Analysis of the precursor rRNA fractions of rapidly growing mycobacteria: quantification by methods that include the use of a promoter (rrnA P1) as a novel standard

Mycobacterial species are able to control rRNA production through variations in the number and strength of promoters controlling their rrn operons. Mycobacterium chelonae and M. fortuitum are members of the rapidly growing mycobacterial group. They carry a total of five promoters each, encoded, respectively, by one and two rrn operons per genome. Quantification of precursor rrn transcriptional products (pre-rrn) has allowed detection of different promoter usage during cell growth. Bacteria growing in several culture media with different nutrient contents were compared. Balanced to stationary phases were analyzed. Most promoters were found to be used at different levels depending on the stage of bacterial growth and the nutrient content of the culture medium. Some biological implications are discussed. Sequences of the several promoters showed motifs that could be correlated to their particular level of usage. A product corresponding to the first rrnA promoter in both species, namely, rrnA P1, was found to contribute at a low and near-constant level to pre-rRNA synthesis, regardless of the culture medium used and the stage of growth analyzed. This product was used as a standard to quantitate rRNA gene expression by real-time PCR when M. fortuitum infected macrophages. It was shown that this bacterium actively synthesizes rRNA during the course of infection and that one of its rrn operons is preferentially used under such conditions.

Artificial neural networks for prediction of mycobacterial promoter sequences

A multilayered feed-forward ANN architecture trained using the error-back-propagation (EBP) algorithm has been developed for predicting whether a given nucleotide sequence is a mycobacterial promoter sequence. Owing to the high prediction capability ( congruent with 97%) of the developed network model, it has been further used in conjunction with the caliper randomization (CR) approach for determining the structurally/functionally important regions in the promoter sequences.
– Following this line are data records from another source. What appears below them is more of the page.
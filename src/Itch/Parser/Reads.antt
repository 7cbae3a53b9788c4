-- ===== src/Itch/Parser/Reads.antt =====
-- The eight parse functions of include/itch5/parser.hpp return on a message of full length, whatever
-- callbacks are set that return.
use dpdk_itch5_feedhandler.Prelude.{
  ℕ, zero, suc, ◌≤◌, ◌<◌, ◌^◌, ◌≡◌, refl, [], ◌∷◌, none, some, Bytes, AreBytes, All-take, All-drop,
  Option, get_or, load, load-eq-take, length, length-take, take, drop, ◌>>=◌, inl, inr,
  Option-cases, inc64, subst, arith,
}
use dpdk_itch5_feedhandler.Common.Endian.{read_be48, ntoh32}
use dpdk_itch5_feedhandler.Common.Endian.Reads.{read_be48-lt, ntoh32-lt}
use dpdk_itch5_feedhandler.Itch.Layout.{Layout, sizeof, field, text, length-field}
use dpdk_itch5_feedhandler.Itch.Callbacks.{Callbacks}
use dpdk_itch5_feedhandler.Itch.Messages.Orders.{
  view_add_order, add_order_layout, view_add_order_mpid, add_order_mpid_layout, view_order_executed,
  order_executed_layout, view_order_executed_with_price, order_executed_with_price_layout,
}
use dpdk_itch5_feedhandler.Itch.Messages.Changes.{
  view_order_cancel, order_cancel_layout, view_order_delete, order_delete_layout,
  view_order_replace, order_replace_layout, view_trade, trade_layout,
}
use dpdk_itch5_feedhandler.Itch.Parser.{
  Stats, convert_price, parse_add_order, parse_add_order_mpid, parse_order_executed,
  parse_order_executed_with_price, parse_order_cancel, parse_order_delete, parse_order_replace,
  parse_trade,
}

field-AreBytes : (l : Layout) (i : ℕ) (p : Bytes) → AreBytes p → AreBytes (field l i p)
unfolding field
field-AreBytes [] i p h = tt
field-AreBytes (n ∷ l) zero p h = All-take _ n p h
field-AreBytes (n ∷ l) (suc i) p h = field-AreBytes l i (drop n p) (All-drop _ n p h)

-- The timestamp of a message is its fourth field.
timestamp-returns :
    (l : Layout) (p : Bytes)
    → get_or l 3 0 ≡ 6
    → AreBytes p
    → sizeof l ≤ length p
    → (ts : ℕ) × (read_be48 (text l 3 p) ≡ some ts) × (ts < 2 ^ 48)
unfolding text
timestamp-returns l p six bytes h =
    read_be48-lt (field l 3 p) (field-AreBytes l 3 p bytes)
      (omega (arith, length-field l 3 p h, six))

-- A 32-bit price that is scaled by 100 does not overflow `int64_t`.
convert_price-lt : (v : ℕ) → convert_price (ntoh32 v) < 2 ^ 63
unfolding convert_price
convert_price-lt v = omega (arith, ntoh32-lt v)

module _ {ℓ κ} {V : Type ℓ} (J : V → Type κ) where
  -- A call that returns, with the invariant `J` of the callbacks' state.
  abbrev pub Keeps : Option V → Type (ℓ ⊔ κ)
  Keeps o = (v : V) × (o ≡ some v) × J v

  abbrev pub Keeps1 : {M : Type 0} → Option (M → ℕ → V → Option V) → Type (ℓ ⊔ κ)
  Keeps1 none = Unit
  Keeps1 {M} (some cb) = (m : M) (ts : ℕ) (v : V) → ts < 2 ^ 48 → J v → Keeps (cb m ts v)

  abbrev pub Keeps2 : {M : Type 0} → Option (M → ℕ → ℕ → V → Option V) → Type (ℓ ⊔ κ)
  Keeps2 none = Unit
  Keeps2 {M} (some cb) =
      (m : M) (ts price : ℕ) (v : V) → ts < 2 ^ 48 → price < 2 ^ 63 → J v → Keeps (cb m ts price v)

  abbrev pub Keeps3 : {M : Type 0} → Option (M → ℕ → ℕ → ℕ → V → Option V) → Type (ℓ ⊔ κ)
  Keeps3 none = Unit
  Keeps3 {M} (some cb) =
      (m : M) (ts price qty : ℕ) (v : V)
      → ts < 2 ^ 48
      → price < 2 ^ 63
      → qty < 2 ^ 32
      → J v
      → Keeps (cb m ts price qty v)

  -- Every callback that is set returns, and keeps the invariant, on numbers that fit their types.
  pub record KeepCallbacks (cbs : Callbacks V) : Type (ℓ ⊔ κ) where
    pub add_order : Keeps3 cbs.add_order
    pub add_order_mpid : Keeps3 cbs.add_order_mpid
    pub order_executed : Keeps1 cbs.order_executed
    pub order_executed_with_price : Keeps2 cbs.order_executed_with_price
    pub order_cancel : Keeps1 cbs.order_cancel
    pub order_delete : Keeps1 cbs.order_delete
    pub order_replace : Keeps3 cbs.order_replace
    pub trade : Keeps3 cbs.trade

  -- What the eight parse functions share: load the struct, read its timestamp, call.
  load_and_call :
      (l : Layout) (msg : Bytes) (counted : Stats) (act : Bytes → ℕ → Option V)
      → get_or l 3 0 ≡ 6
      → AreBytes msg
      → sizeof l ≤ length msg
      → ((raw : Bytes) (ts : ℕ) → ts < 2 ^ 48 → Keeps (act raw ts))
      → (r : Stats × V) × ((load (sizeof l) msg >>= λ raw.
            read_be48 (text l 3 raw) >>= λ ts. act raw ts >>= λ v'. some (counted, v'))
          ≡ some r)
        × J r.1
  load_and_call l msg counted act six bytes h k =
      let raw = take (sizeof l) msg in
      let t =
        timestamp-returns l raw six (All-take _ (sizeof l) msg bytes)
          (omega (arith, length-take (sizeof l) msg)) in
      let done = k raw t.0 t.2 in
      ((counted, done.0), rw (load-eq-take (sizeof l) msg h, t.1, done.1), done.2)

  module _ (cbs : Callbacks V) (keep : KeepCallbacks cbs) (s : Stats) (msg : Bytes) (v : V)
      (j : J v) (bytes : AreBytes msg) where
    pub add_order_returns :
        sizeof add_order_layout ≤ length msg
        → (r : Stats × V) × (parse_add_order cbs s msg v ≡ some r) × J r.1
    unfolding parse_add_order view_add_order
    add_order_returns h = elim (Option-cases cbs.add_order) [
      | inl unset ↦
          ((record s { add_orders = inc64 s.add_orders }, v), rw (unset, parse_add_order), j)
      | inr (cb, set) ↦
          (let k : Keeps3 (some cb) = subst Keeps3 set keep.add_order in
            let out =
              load_and_call add_order_layout msg (record s { add_orders = inc64 s.add_orders })
                (λ raw ts.
                  cb (view_add_order raw) ts (convert_price (ntoh32 (view_add_order raw).price))
                    (ntoh32 (view_add_order raw).shares) v)
                refl bytes h
                (λ raw ts b.
                  k (view_add_order raw) ts _ _ v b (convert_price-lt (view_add_order raw).price)
                    (ntoh32-lt (view_add_order raw).shares) j) in
            (out.0, rw (set, parse_add_order) out.1, out.2))
    ]

    pub add_order_mpid_returns :
        sizeof add_order_mpid_layout ≤ length msg
        → (r : Stats × V) × (parse_add_order_mpid cbs s msg v ≡ some r) × J r.1
    unfolding parse_add_order_mpid view_add_order_mpid
    add_order_mpid_returns h = elim (Option-cases cbs.add_order_mpid) [
      | inl unset ↦
          ((record s { add_orders = inc64 s.add_orders }, v), rw (unset, parse_add_order_mpid), j)
      | inr (cb, set) ↦
          (let k : Keeps3 (some cb) = subst Keeps3 set keep.add_order_mpid in
            let out =
              load_and_call add_order_mpid_layout msg (record s { add_orders = inc64 s.add_orders })
                (λ raw ts.
                  cb (view_add_order_mpid raw) ts
                    (convert_price (ntoh32 (view_add_order_mpid raw).price))
                    (ntoh32 (view_add_order_mpid raw).shares) v)
                refl bytes h
                (λ raw ts b.
                  k (view_add_order_mpid raw) ts _ _ v b
                    (convert_price-lt (view_add_order_mpid raw).price)
                    (ntoh32-lt (view_add_order_mpid raw).shares) j) in
            (out.0, rw (set, parse_add_order_mpid) out.1, out.2))
    ]

    pub order_executed_returns :
        sizeof order_executed_layout ≤ length msg
        → (r : Stats × V) × (parse_order_executed cbs s msg v ≡ some r) × J r.1
    unfolding parse_order_executed view_order_executed
    order_executed_returns h = elim (Option-cases cbs.order_executed) [
      | inl unset ↦ (
        (record s { order_executed = inc64 s.order_executed }, v),
        rw (unset, parse_order_executed),
        j,
      )
      | inr (cb, set) ↦
          (let k : Keeps1 (some cb) = subst Keeps1 set keep.order_executed in
            let out =
              load_and_call order_executed_layout msg
                (record s { order_executed = inc64 s.order_executed })
                (λ raw ts. cb (view_order_executed raw) ts v) refl bytes h
                (λ raw ts b. k (view_order_executed raw) ts v b j) in
            (out.0, rw (set, parse_order_executed) out.1, out.2))
    ]

    pub order_executed_with_price_returns :
        sizeof order_executed_with_price_layout ≤ length msg
        → (r : Stats × V) × (parse_order_executed_with_price cbs s msg v ≡ some r) × J r.1
    unfolding parse_order_executed_with_price view_order_executed_with_price
    order_executed_with_price_returns h = elim (Option-cases cbs.order_executed_with_price) [
      | inl unset ↦ (
        (record s { order_executed = inc64 s.order_executed }, v),
        rw (unset, parse_order_executed_with_price),
        j,
      )
      | inr (cb, set) ↦
          (let k : Keeps2 (some cb) = subst Keeps2 set keep.order_executed_with_price in
            let out =
              load_and_call order_executed_with_price_layout msg
                (record s { order_executed = inc64 s.order_executed })
                (λ raw ts.
                  cb (view_order_executed_with_price raw) ts
                    (convert_price (ntoh32 (view_order_executed_with_price raw).execution_price)) v)
                refl bytes h
                (λ raw ts b.
                  k (view_order_executed_with_price raw) ts _ v b
                    (convert_price-lt (view_order_executed_with_price raw).execution_price) j) in
            (out.0, rw (set, parse_order_executed_with_price) out.1, out.2))
    ]

    pub order_cancel_returns :
        sizeof order_cancel_layout ≤ length msg
        → (r : Stats × V) × (parse_order_cancel cbs s msg v ≡ some r) × J r.1
    unfolding parse_order_cancel view_order_cancel
    order_cancel_returns h = elim (Option-cases cbs.order_cancel) [
      | inl unset ↦ (
        (record s { order_cancelled = inc64 s.order_cancelled }, v),
        rw (unset, parse_order_cancel),
        j,
      )
      | inr (cb, set) ↦
          (let k : Keeps1 (some cb) = subst Keeps1 set keep.order_cancel in
            let out =
              load_and_call order_cancel_layout msg
                (record s { order_cancelled = inc64 s.order_cancelled })
                (λ raw ts. cb (view_order_cancel raw) ts v) refl bytes h
                (λ raw ts b. k (view_order_cancel raw) ts v b j) in
            (out.0, rw (set, parse_order_cancel) out.1, out.2))
    ]

    pub order_delete_returns :
        sizeof order_delete_layout ≤ length msg
        → (r : Stats × V) × (parse_order_delete cbs s msg v ≡ some r) × J r.1
    unfolding parse_order_delete view_order_delete
    order_delete_returns h = elim (Option-cases cbs.order_delete) [
      | inl unset ↦ (
        (record s { order_deleted = inc64 s.order_deleted }, v),
        rw (unset, parse_order_delete),
        j,
      )
      | inr (cb, set) ↦
          (let k : Keeps1 (some cb) = subst Keeps1 set keep.order_delete in
            let out =
              load_and_call order_delete_layout msg
                (record s { order_deleted = inc64 s.order_deleted })
                (λ raw ts. cb (view_order_delete raw) ts v) refl bytes h
                (λ raw ts b. k (view_order_delete raw) ts v b j) in
            (out.0, rw (set, parse_order_delete) out.1, out.2))
    ]

    pub order_replace_returns :
        sizeof order_replace_layout ≤ length msg
        → (r : Stats × V) × (parse_order_replace cbs s msg v ≡ some r) × J r.1
    unfolding parse_order_replace view_order_replace
    order_replace_returns h = elim (Option-cases cbs.order_replace) [
      | inl unset ↦ (
        (record s { order_replaced = inc64 s.order_replaced }, v),
        rw (unset, parse_order_replace),
        j,
      )
      | inr (cb, set) ↦
          (let k : Keeps3 (some cb) = subst Keeps3 set keep.order_replace in
            let out =
              load_and_call order_replace_layout msg
                (record s { order_replaced = inc64 s.order_replaced })
                (λ raw ts.
                  cb (view_order_replace raw) ts
                    (convert_price (ntoh32 (view_order_replace raw).price))
                    (ntoh32 (view_order_replace raw).shares) v)
                refl bytes h
                (λ raw ts b.
                  k (view_order_replace raw) ts _ _ v b
                    (convert_price-lt (view_order_replace raw).price)
                    (ntoh32-lt (view_order_replace raw).shares) j) in
            (out.0, rw (set, parse_order_replace) out.1, out.2))
    ]

    pub trade_returns :
        sizeof trade_layout ≤ length msg
        → (r : Stats × V) × (parse_trade cbs s msg v ≡ some r) × J r.1
    unfolding parse_trade view_trade
    trade_returns h = elim (Option-cases cbs.trade) [
      | inl unset ↦ ((record s { trades = inc64 s.trades }, v), rw (unset, parse_trade), j)
      | inr (cb, set) ↦
          (let k : Keeps3 (some cb) = subst Keeps3 set keep.trade in
            let out =
              load_and_call trade_layout msg (record s { trades = inc64 s.trades })
                (λ raw ts.
                  cb (view_trade raw) ts (convert_price (ntoh32 (view_trade raw).price))
                    (ntoh32 (view_trade raw).shares) v)
                refl bytes h
                (λ raw ts b.
                  k (view_trade raw) ts _ _ v b (convert_price-lt (view_trade raw).price)
                    (ntoh32-lt (view_trade raw).shares) j) in
            (out.0, rw (set, parse_trade) out.1, out.2))
    ]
The results obtained thereby indicate that: (i) upstream region of -35 box, (ii) -35 region, (iii) spacer region and, (iv) -10 box, are important for mycobacterial promoters. The CR approach also suggests that the -38 to -29 region plays a significant role in determining whether a given sequence is a mycobacterial promoter. In essence, the present study establishes ANNs as a tool for predicting mycobacterial promoter sequences and determining structurally/functionally important sub-regions therein.

Conservation of DNA curvature signals in regulatory regions of prokaryotic genes

DNA curvature plays a well-characterized role in many transcriptional regulation mechanisms. We present evidence for the conservation of curvature signals in putative regulatory regions of several archaeal and eubacterial genomes. Genes with highly curved upstream regions were identified in orthologous groups, based on the annotations of the Cluster of Orthologous Groups of proteins (COG) database. COGs possessing a significant number of genes with curvature signals were analyzed, and conserved properties were found in several cases. Curvature signals related to regulatory sites, previously described in single organisms, were located in a broad spectrum of bacterial genomes. Global regulatory proteins, such as HU, IHF and FIS, known to bind to curved DNA and to be autoregulated, were found to present conserved DNA curvature signals in their regulatory regions, emphasizing the fact that structural parameters of the DNA molecule are conserved elements in the process of transcriptional regulation of some systems. It is currently an open question whether these diverse systems are part of an integrated global regulatory response in different microorganisms.